Comment by Aurornis

Comment by Aurornis 4 days ago

8 replies

AI code reviews are the worst place to introduce AI, in my experience. They can find a few things quickly, but they can also send people down unnecessary paths or be easily persuaded by comments or even the slightest pushback from someone. They're fast to cave in and agree with any input.

It can also encourage laziness: If the AI reviewer didn't spot anything, it's easier to justify skimming the commit. Everyone says they won't do it, but it happens.

For anything AI related, having manual human review as the final step is key.

aozgaa 4 days ago

Agreed.

LLM’s are fundamentally text generators, not verifiers.

They might spot some typos and stylistic discrepancies based on their corpus, but they do not reason. It’s just not what the basic building blocks of the architecture do.

In my experience you need to do a lot of coaxing and setting up guardrails to keep them even roughly on track. (And maybe the LLM companies will build this into the products they sell, but it’s demonstrably not there today)

  • CharlesW 4 days ago

    > LLM’s are fundamentally text generators, not verifiers.

    In reality they work quite well for text and numeric (via tools) analysis, too. I've found them to be powerful tools for "linting" a codebase against adequately documented standards and architectural guidance, especially when given the use of type checkers, static analysis tools, etc.

    • skydhash 4 days ago

      The value of an analysis is the decision that will be taken after getting the result. So will you actually fix the codebase or it’s just a nice report to frame and put on the wall?

      • CharlesW 4 days ago

        > So will you actually fix the codebase…

        Code quality improvements is the reason to do it, so *yes*. Of course, anyone using AI for analysis is probably leveraging AI for the "fix" part too (or at least I am).

pnathan 4 days ago

That's a fantastic counterpoint. I've found AI reviewers to be useful on a first pass, at a small-pieces level. But I hear your opinion!

chuckadams 4 days ago

I find the summary that copilot generates is more useful than the review comments most of the time. That said, I have seen it make some good catches. It’s a matter of expectations: the AI is not going to have hurt feelings if you reject all its suggestions, so I feel even more free to reject it feedback with the briefest of dismissals.

moomoo11 3 days ago

What about something like this?

Link to the ticket. Hopefully your team cares enough to write good tickets.

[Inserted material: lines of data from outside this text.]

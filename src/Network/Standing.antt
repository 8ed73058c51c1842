-- ===== src/Network/Standing.antt =====
-- The effect on votes of the elections and heartbeats of crates/raftcore/src/lib.rs.
use ferris_ferry.Prelude.{
  ◌≤◌, ◌≡◌, refl, ap, ◌∙◌, subst, ◌⊎◌, inl, inr, some, List, [], ◌∷◌, true, Bool-cases, ◌&&◌, leb,
  ok, >>=-eq-ok, ok-injective, insert_set, arith,
}
use ferris_ferry.Types.{
  RaftState, leader, follower, candidate, RequestVoteRpc, RequestVoteResponseRpc, request_vote,
  request_vote_response, Action, persist_metadata, is_leader_state, is_candidate_state,
}
use ferris_ferry.Core.State.{Rng, RaftCore, reset_election_timeout}
use ferris_ferry.Core.Log.{last_log_index, last_log_term}
use ferris_ferry.Core.Replicate.{heartbeat, initialize_leader_state}
use ferris_ferry.Core.Replicate.Frame.{heartbeat-frame}
use ferris_ferry.Core.Election.{
  become_candidate, election_timeout, vote_response, answer_vote, grant_vote, become_leader,
  count_vote, has_majority,
}
use ferris_ferry.Core.Election.Frame.{reset-frame, become_leader-frame}
use ferris_ferry.Core.Node.{Input, received}
use ferris_ferry.Network.Ballots.{ballots, append_entries_to_peers-ballots, map_ask-ballots}
use ferris_ferry.Network.Effects.{quiet, stands, grants, counts, NodeEffect, still}

pub answer_vote-Effect :
    (rng : Rng) (c : RaftCore) (req : RequestVoteRpc) (input : Input) (r : RaftCore × List Action)
    → answer_vote rng c req ≡ ok r
    → NodeEffect c input r.0 r.1
unfolding answer_vote grant_vote reset_election_timeout ballots
answer_vote-Effect rng c req input r h = elim (answer_cases) [
  | inl (e, v, i, p, s, t, w) ↦ record {
    id = i;
    peers = p;
    effect = grants req.candidate_id e v (inr (s, t, w));
  }
  | inr (e, i, p, s, t, w) ↦ record { id = i; peers = p; effect = quiet e (inr (s, t, w)) }
]
  where
    answer_cases :
        ((ballots r.1
            ≡ persist_metadata r.0.current_term (some req.candidate_id)
              ∷ vote_response r.0 req.candidate_id true
              ∷ [])
          × (r.0.voted_for ≡ some req.candidate_id)
          × (r.0.id ≡ c.id)
          × (r.0.peers ≡ c.peers)
          × (r.0.state ≡ c.state)
          × (r.0.current_term ≡ c.current_term)
          × (r.0.votes_received ≡ c.votes_received))
        ⊎ ((ballots r.1 ≡ [])
            × (r.0.id ≡ c.id)
            × (r.0.peers ≡ c.peers)
            × (r.0.state ≡ c.state)
            × (r.0.current_term ≡ c.current_term)
            × (r.0.votes_received ≡ c.votes_received))
    answer_cases = ground arith

pub election_timeout-Effect :
    (rng : Rng) (c : RaftCore) (input : Input) (r : RaftCore × List Action)
    → election_timeout rng c ≡ ok r
    → NodeEffect c input r.0 r.1
unfolding election_timeout
election_timeout-Effect rng c input r h =
    elim (Bool-cases (leb c.election_timeout c.ticks_since_last_heartbeat)) [
      | inr e ↦
          subst (λ (x : RaftCore × List Action). NodeEffect c input x.0 x.1)
            (ok-injective (rw e at h))
            (still c input c [] refl refl (unfold ballots in refl) (inr (refl, refl, refl)))
      | inl e ↦
          (let (c', p, q) =
              >>=-eq-ok (reset_election_timeout rng 0 (become_candidate c)) _ (rw e at h) in
            let (t, p', q') = >>=-eq-ok (last_log_term c') _ q in
            let f = reset-frame rng 0 (become_candidate c) p in
            let sent =
              map_ask-ballots
                (request_vote (record {
                  term = c'.current_term;
                  candidate_id = c'.id;
                  last_log_index = last_log_index c';
                  last_log_term = t;
                }))
                c'.peers (λ x. refl) in
            subst (λ (x : RaftCore × List Action). NodeEffect c input x.0 x.1) (ok-injective q')
              (record {
                id = ap (λ (x : RaftCore). x.id) f;
                peers = ap (λ (x : RaftCore). x.peers) f;
                effect =
                    stands (unfold ballots in ground (arith, f, sent))
                      (ap (λ (x : RaftCore). x.voted_for) f) (ap (λ (x : RaftCore). x.state) f)
                      (ap (λ (x : RaftCore). x.votes_received) f);
              }))
    ]

pub heartbeat-Effect :
    (c : RaftCore) (input : Input) (r : RaftCore × List Action)
    → heartbeat c ≡ ok r
    → NodeEffect c input r.0 r.1
heartbeat-Effect c input r h =
    let f = heartbeat-frame c h in
    still c input r.0 r.1 (ap (λ (x : RaftCore). x.id) f) (ap (λ (x : RaftCore). x.peers) f)
      (unfold heartbeat ballots in grind (arith, append_entries_to_peers-ballots))
      (inr (
        ap (λ (x : RaftCore). x.state) f,
        ap (λ (x : RaftCore). x.current_term) f,
        ap (λ (x : RaftCore). x.votes_received) f,
      ))

become_leader-ballots :
    (rng : Rng) (c : RaftCore) (r : RaftCore × List Action)
    → become_leader rng c ≡ ok r
    → ballots r.1 ≡ []
unfolding become_leader initialize_leader_state ballots
become_leader-ballots rng c r h = grind (arith, append_entries_to_peers-ballots)

pub majority_same :
    (a b : RaftCore)
    → a.peers ≡ b.peers
    → a.votes_received ≡ b.votes_received
    → has_majority a ≡ has_majority b
unfolding has_majority
majority_same a b p v = cc

pub count_vote-Effect :
    (rng : Rng) (c : RaftCore) (resp : RequestVoteResponseRpc) (r : RaftCore × List Action)
    → resp.term ≤ c.current_term
    → count_vote rng c resp ≡ ok r
    → NodeEffect c (received (request_vote_response resp)) r.0 r.1
unfolding count_vote
count_vote-Effect rng c resp r l h =
    let input = received (request_vote_response resp) in
    let c' = record c { votes_received = insert_set resp.id c.votes_received } in
    elim (Bool-cases (is_candidate_state c.state && resp.vote_granted)) [
      | inl e ↦ elim (Bool-cases (has_majority c')) [
        | inl won ↦
            (let lead = rw (e, won) at h in
              let f = become_leader-frame rng c' lead in
              record {
                id = ap (λ (x : RaftCore). x.id) f;
                peers = ap (λ (x : RaftCore). x.peers) f;
                effect =
                    counts resp (become_leader-ballots rng c' r lead) refl (ground (arith, e)) l
                      (candidate-of c.state (ground (arith, e)))
                      (ap (λ (x : RaftCore). x.current_term) f)
                      (ap (λ (x : RaftCore). x.votes_received) f)
                      (λ now.
                        majority_same r.0 c' (ap (λ (x : RaftCore). x.peers) f)
                          (ap (λ (x : RaftCore). x.votes_received) f)
                        ∙ won);
              })
        | inr waits ↦
            subst (λ (x : RaftCore × List Action). NodeEffect c input x.0 x.1)
              (ok-injective (rw (e, waits) at h))
              (record {
                id = refl;
                peers = refl;
                effect =
                    counts resp (unfold ballots in refl) refl (ground (arith, e)) l
                      (candidate-of c.state (ground (arith, e))) refl refl
                      (λ now. absurd (no_leader c.state (ground (arith, e)) now));
              })
      ]
      | inr e ↦
          subst (λ (x : RaftCore × List Action). NodeEffect c input x.0 x.1)
            (ok-injective (rw e at h))
            (still c input c [] refl refl (unfold ballots in refl) (inr (refl, refl, refl)))
    ]
  where
    candidate-of : (s : RaftState) → is_candidate_state s ≡ true → s ≡ candidate
    candidate-of candidate e = refl
    candidate-of leader e = cc
    candidate-of follower e = cc

    no_leader : (s : RaftState) → is_candidate_state s ≡ true → is_leader_state s ≡ true → ⊥
    no_leader candidate e l = cc
    no_leader leader e l = cc
    no_leader follower e l = cc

So if the problem is defined well in the ticket, do the code changed actually address it?

For example for a bug fix. It can check the tests and see if the PR is testing the conditions that caused the bug. It can check the code changed to see if it fits the requirements.

I think the goal with AI for creative stuff should be to make things more efficient, not replace necessarily. Whoever code reviews can get up to speed fast. I’ve been on teams where people would code review a section of the code they aren’t familiar with too much.

In this case if it saves them 30 minutes then great!

kmacdough 3 days ago

I agree and disagree. I think it's important to make it very visually clear that it is not really a PR, but rather an advanced style checker. I think they can be very useful for assessing more rote/repetitive standards that are a bit beyond what standard linters/analysis can provide. Things like institutional standards, lessons learned, etc. But if it uses the normal PR pipeline rather than the checker pipeline, it gives the false impression that it is a PR, which is not.